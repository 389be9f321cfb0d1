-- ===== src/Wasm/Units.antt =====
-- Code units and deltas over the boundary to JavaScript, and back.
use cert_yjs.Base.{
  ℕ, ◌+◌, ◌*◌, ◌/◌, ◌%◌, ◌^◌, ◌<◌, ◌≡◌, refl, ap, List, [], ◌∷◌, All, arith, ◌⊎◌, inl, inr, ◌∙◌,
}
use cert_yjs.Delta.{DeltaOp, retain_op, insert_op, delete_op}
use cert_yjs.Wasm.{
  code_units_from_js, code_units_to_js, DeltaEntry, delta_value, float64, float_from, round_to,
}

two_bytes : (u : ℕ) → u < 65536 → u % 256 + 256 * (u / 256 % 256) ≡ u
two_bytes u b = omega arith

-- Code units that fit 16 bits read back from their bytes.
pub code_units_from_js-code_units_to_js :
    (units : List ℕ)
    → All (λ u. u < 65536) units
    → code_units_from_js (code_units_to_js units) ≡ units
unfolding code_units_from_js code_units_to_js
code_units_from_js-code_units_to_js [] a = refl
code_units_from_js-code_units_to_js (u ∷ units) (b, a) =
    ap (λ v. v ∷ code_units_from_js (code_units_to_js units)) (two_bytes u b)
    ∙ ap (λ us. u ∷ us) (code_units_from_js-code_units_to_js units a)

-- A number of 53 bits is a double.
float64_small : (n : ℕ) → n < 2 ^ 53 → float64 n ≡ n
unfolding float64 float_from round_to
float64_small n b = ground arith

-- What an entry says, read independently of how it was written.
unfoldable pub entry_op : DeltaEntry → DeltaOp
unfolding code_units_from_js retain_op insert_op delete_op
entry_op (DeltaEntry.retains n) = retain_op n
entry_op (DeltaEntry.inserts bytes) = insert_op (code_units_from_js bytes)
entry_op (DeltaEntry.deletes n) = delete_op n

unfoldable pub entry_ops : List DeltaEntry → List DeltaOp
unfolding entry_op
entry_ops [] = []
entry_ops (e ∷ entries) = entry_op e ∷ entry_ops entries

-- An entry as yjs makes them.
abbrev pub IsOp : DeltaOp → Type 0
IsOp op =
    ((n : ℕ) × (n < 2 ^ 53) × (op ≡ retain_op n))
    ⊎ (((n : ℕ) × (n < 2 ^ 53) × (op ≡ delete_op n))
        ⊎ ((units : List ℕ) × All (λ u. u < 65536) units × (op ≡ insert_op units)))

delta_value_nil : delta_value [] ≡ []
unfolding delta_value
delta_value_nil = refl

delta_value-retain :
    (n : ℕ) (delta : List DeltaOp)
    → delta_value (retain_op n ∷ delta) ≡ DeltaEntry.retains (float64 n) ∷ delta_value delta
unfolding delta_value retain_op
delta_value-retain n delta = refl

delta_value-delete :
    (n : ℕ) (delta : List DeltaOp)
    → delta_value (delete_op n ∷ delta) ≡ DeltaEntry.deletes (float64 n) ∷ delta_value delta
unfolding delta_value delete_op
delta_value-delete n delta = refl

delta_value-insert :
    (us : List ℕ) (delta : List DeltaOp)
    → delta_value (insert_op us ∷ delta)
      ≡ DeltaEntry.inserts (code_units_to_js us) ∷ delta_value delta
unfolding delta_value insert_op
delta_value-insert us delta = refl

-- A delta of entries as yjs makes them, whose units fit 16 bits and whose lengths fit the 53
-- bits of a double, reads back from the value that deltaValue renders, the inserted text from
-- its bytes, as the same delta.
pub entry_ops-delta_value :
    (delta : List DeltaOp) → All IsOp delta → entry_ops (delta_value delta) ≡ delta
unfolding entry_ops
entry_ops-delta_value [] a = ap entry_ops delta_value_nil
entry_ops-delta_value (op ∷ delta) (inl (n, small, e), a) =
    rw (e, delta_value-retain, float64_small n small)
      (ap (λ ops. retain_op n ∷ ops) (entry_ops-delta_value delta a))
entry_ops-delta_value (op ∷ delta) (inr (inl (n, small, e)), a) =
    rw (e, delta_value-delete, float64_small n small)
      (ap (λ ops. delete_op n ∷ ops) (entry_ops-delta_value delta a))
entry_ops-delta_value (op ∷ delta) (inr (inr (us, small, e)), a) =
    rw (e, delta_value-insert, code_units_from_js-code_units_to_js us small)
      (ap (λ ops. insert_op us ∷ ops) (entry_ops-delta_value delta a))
----------
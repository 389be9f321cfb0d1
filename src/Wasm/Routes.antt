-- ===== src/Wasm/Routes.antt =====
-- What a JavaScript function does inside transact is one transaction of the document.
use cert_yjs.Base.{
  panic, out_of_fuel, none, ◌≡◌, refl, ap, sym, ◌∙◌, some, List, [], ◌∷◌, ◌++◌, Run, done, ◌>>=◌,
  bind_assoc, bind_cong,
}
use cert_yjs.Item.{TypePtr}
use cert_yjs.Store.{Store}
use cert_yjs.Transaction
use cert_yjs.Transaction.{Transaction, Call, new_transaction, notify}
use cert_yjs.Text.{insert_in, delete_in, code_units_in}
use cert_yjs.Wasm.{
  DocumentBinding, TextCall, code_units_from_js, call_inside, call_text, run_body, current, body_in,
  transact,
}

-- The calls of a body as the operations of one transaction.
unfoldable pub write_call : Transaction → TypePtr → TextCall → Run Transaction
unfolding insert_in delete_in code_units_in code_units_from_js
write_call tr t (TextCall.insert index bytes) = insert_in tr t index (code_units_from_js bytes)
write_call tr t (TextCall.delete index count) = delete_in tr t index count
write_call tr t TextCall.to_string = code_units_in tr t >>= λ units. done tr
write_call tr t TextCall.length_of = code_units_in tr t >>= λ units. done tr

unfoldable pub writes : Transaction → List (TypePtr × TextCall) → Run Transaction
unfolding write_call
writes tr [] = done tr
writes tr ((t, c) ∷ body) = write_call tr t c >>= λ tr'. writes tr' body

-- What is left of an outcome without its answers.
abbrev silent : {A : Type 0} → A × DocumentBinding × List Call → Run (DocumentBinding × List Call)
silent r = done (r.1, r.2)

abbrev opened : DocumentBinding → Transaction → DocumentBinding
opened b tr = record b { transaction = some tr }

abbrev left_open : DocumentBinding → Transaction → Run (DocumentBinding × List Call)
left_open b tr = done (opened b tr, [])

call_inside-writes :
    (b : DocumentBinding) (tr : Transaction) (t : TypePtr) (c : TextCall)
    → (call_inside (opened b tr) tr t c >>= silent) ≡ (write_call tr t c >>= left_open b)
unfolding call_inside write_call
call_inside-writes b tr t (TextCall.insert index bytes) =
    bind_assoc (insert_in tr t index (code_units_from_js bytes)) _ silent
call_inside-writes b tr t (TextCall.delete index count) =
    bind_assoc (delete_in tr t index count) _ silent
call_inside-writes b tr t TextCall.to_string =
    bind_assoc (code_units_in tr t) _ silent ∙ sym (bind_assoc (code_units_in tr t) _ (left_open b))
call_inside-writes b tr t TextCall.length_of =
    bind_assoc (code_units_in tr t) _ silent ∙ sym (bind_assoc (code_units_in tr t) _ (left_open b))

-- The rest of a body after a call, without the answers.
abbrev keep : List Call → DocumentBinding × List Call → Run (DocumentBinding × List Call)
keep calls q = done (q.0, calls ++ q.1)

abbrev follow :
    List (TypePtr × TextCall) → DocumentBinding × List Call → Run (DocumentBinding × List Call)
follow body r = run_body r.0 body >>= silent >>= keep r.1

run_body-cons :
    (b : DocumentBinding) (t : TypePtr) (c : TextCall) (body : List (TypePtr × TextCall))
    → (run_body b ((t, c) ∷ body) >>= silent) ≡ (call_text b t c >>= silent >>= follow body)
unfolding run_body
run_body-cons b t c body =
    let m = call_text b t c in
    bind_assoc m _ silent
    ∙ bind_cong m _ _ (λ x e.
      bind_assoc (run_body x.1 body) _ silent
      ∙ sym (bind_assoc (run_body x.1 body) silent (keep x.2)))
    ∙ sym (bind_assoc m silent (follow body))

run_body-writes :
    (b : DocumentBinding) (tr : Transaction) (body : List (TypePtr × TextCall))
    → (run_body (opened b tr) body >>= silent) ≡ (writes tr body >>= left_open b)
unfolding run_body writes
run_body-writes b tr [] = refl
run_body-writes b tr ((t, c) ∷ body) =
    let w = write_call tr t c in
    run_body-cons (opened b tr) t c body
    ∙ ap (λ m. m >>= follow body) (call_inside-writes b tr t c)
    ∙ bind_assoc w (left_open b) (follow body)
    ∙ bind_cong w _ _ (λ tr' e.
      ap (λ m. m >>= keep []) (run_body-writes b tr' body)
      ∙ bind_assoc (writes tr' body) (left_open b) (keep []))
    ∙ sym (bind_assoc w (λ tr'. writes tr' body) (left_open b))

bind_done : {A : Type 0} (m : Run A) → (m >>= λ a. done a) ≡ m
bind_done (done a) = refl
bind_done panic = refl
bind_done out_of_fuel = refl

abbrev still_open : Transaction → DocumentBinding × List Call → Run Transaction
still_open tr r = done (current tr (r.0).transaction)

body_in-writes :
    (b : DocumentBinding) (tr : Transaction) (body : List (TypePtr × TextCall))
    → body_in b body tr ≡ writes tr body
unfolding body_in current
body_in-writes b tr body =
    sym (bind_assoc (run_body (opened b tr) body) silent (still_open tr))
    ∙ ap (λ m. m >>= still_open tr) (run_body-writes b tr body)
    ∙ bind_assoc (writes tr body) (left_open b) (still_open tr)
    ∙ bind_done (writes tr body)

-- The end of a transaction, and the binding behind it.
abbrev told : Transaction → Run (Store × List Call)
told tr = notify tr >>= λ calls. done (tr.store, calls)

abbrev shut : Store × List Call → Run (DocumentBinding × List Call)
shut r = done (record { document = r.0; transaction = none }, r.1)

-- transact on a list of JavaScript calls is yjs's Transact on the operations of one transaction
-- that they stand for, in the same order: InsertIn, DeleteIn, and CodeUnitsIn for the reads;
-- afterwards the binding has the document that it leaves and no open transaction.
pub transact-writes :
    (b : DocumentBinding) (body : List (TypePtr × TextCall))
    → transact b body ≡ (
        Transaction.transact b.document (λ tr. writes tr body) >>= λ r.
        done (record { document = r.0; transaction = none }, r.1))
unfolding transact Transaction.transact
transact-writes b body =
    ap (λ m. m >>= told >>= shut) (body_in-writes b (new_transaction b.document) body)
----------
# Problem requirements
Each line of the listing that includes the word "makes" should be copied out.

# Response for this exercise
-- An entry as yjs makes them.
-- A delta of entries as yjs makes them, whose units fit 16 bits and whose lengths fit the 53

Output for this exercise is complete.